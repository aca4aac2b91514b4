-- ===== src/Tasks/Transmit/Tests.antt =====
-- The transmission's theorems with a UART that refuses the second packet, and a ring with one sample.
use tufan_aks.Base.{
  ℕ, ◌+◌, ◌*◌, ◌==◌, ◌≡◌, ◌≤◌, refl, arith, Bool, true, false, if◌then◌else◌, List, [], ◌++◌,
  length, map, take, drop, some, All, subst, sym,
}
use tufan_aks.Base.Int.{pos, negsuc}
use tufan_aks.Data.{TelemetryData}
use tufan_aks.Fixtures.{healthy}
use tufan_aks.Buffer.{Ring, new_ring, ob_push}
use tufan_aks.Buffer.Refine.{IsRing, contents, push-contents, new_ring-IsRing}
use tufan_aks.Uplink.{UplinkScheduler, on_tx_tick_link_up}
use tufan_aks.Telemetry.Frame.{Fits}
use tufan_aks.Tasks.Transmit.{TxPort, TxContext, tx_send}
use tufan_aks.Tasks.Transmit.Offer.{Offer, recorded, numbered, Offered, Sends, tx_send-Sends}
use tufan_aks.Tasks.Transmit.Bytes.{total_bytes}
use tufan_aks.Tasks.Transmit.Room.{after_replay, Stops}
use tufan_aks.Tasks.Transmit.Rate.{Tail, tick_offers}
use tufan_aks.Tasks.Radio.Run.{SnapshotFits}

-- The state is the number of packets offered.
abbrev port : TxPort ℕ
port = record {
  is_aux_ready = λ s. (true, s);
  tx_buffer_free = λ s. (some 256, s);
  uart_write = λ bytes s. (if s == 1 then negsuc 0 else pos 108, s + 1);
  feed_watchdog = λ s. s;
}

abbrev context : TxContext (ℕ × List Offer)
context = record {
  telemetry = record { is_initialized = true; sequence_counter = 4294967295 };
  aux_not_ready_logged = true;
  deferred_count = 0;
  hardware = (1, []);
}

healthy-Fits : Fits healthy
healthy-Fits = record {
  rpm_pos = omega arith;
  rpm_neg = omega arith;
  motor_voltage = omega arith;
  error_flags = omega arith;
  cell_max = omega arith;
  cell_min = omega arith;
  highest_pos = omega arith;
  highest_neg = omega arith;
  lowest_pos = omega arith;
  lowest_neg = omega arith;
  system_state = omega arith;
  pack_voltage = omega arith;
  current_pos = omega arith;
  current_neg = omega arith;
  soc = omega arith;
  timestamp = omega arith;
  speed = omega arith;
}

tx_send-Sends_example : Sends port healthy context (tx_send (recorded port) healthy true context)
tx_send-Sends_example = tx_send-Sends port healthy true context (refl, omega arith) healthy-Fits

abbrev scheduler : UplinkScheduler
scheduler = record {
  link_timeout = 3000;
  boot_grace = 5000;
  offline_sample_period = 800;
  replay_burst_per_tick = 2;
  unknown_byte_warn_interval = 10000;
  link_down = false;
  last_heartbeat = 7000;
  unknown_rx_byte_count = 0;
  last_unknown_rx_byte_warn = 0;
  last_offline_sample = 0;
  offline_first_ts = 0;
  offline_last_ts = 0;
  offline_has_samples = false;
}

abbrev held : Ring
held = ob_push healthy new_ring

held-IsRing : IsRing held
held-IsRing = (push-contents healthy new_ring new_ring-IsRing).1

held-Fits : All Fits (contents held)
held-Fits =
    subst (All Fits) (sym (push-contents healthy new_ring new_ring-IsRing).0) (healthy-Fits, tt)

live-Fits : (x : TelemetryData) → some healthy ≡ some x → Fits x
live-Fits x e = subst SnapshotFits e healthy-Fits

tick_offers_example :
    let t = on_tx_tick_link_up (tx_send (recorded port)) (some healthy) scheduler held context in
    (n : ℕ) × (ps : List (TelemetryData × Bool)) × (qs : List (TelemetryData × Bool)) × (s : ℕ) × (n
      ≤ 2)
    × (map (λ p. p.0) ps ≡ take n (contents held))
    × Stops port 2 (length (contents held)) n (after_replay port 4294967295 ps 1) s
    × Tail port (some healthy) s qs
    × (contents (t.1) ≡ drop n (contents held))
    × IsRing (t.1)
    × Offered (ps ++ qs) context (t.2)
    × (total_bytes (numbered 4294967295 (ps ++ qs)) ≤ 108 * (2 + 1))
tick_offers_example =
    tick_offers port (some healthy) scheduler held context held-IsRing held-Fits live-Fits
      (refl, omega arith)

·····

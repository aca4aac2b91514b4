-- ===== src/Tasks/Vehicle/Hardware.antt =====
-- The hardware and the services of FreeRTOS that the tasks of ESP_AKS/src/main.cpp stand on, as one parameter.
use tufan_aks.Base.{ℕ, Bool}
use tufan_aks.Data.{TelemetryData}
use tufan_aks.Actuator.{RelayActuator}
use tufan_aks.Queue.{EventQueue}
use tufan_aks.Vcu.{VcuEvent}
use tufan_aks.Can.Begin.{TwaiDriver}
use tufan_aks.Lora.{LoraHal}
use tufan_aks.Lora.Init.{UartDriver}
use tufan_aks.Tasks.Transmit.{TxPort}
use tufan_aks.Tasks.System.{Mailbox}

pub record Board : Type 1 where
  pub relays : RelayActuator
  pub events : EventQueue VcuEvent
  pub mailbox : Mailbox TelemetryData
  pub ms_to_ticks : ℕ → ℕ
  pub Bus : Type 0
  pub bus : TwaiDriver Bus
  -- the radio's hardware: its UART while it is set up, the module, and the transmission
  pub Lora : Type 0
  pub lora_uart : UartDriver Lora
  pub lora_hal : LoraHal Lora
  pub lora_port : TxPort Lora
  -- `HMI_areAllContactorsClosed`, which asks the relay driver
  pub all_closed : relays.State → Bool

·····

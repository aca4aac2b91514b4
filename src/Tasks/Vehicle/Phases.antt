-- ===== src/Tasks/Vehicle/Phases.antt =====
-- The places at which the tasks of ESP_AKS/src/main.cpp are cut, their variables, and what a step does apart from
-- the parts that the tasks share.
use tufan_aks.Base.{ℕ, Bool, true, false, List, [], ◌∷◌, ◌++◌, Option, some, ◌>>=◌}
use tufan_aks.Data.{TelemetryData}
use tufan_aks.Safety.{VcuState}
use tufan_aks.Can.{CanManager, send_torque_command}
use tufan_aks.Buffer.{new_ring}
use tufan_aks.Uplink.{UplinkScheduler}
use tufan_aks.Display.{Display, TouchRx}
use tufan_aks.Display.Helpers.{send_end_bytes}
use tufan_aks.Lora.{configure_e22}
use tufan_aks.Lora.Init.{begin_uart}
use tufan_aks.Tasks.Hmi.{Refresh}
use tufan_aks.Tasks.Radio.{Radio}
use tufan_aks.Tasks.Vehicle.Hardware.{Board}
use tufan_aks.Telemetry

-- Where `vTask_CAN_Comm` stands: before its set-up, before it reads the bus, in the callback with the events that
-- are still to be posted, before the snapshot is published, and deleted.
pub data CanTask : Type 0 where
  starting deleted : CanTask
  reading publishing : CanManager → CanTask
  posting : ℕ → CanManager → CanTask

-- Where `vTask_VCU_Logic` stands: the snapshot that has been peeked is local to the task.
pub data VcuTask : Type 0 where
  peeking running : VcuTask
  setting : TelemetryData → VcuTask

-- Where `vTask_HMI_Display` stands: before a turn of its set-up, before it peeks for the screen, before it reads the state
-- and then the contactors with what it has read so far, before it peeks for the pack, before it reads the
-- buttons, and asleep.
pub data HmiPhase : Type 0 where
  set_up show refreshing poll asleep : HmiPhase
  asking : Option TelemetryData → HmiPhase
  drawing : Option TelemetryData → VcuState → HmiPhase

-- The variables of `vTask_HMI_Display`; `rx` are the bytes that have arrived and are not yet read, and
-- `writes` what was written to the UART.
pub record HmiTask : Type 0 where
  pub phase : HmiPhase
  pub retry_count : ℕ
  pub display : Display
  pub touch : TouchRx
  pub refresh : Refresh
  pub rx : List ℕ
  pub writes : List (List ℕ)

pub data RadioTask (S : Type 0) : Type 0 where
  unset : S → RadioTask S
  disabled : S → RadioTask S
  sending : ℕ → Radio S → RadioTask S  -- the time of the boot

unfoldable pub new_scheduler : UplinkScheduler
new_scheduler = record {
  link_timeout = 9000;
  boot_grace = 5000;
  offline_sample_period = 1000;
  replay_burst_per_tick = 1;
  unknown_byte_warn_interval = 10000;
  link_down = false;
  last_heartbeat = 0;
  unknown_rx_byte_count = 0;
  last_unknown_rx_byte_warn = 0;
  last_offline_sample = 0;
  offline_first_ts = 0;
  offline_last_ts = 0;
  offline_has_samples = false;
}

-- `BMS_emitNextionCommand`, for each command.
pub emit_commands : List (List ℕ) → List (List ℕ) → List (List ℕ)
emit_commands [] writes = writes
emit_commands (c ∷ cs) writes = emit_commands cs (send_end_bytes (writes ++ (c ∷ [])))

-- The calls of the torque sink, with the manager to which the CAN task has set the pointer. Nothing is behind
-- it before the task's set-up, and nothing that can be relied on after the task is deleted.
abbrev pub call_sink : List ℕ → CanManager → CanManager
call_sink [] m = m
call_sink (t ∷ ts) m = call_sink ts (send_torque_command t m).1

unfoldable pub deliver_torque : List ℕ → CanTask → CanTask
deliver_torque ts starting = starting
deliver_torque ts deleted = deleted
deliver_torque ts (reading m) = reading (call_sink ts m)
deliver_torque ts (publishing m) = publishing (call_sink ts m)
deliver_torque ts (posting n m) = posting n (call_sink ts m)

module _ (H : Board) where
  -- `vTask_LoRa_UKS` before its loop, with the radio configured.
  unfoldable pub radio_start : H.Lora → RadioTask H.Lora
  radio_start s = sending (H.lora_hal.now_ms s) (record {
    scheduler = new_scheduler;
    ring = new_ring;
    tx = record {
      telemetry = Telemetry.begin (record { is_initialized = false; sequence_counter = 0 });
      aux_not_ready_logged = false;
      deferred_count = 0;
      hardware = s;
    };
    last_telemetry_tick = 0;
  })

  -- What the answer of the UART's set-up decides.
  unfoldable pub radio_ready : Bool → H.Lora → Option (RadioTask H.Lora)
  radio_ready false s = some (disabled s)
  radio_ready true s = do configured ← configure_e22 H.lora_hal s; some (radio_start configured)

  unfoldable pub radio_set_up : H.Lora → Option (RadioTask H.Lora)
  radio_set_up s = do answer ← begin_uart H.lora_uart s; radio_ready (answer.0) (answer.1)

·····

Your objective :: The answer must consist of every line from the entries that holds the string "deleted".

Reply ::
-- are still to be posted, before the snapshot is published, and deleted.
  starting deleted : CanTask
-- it before the task's set-up, and nothing that can be relied on after the task is deleted.
deliver_torque ts deleted = deleted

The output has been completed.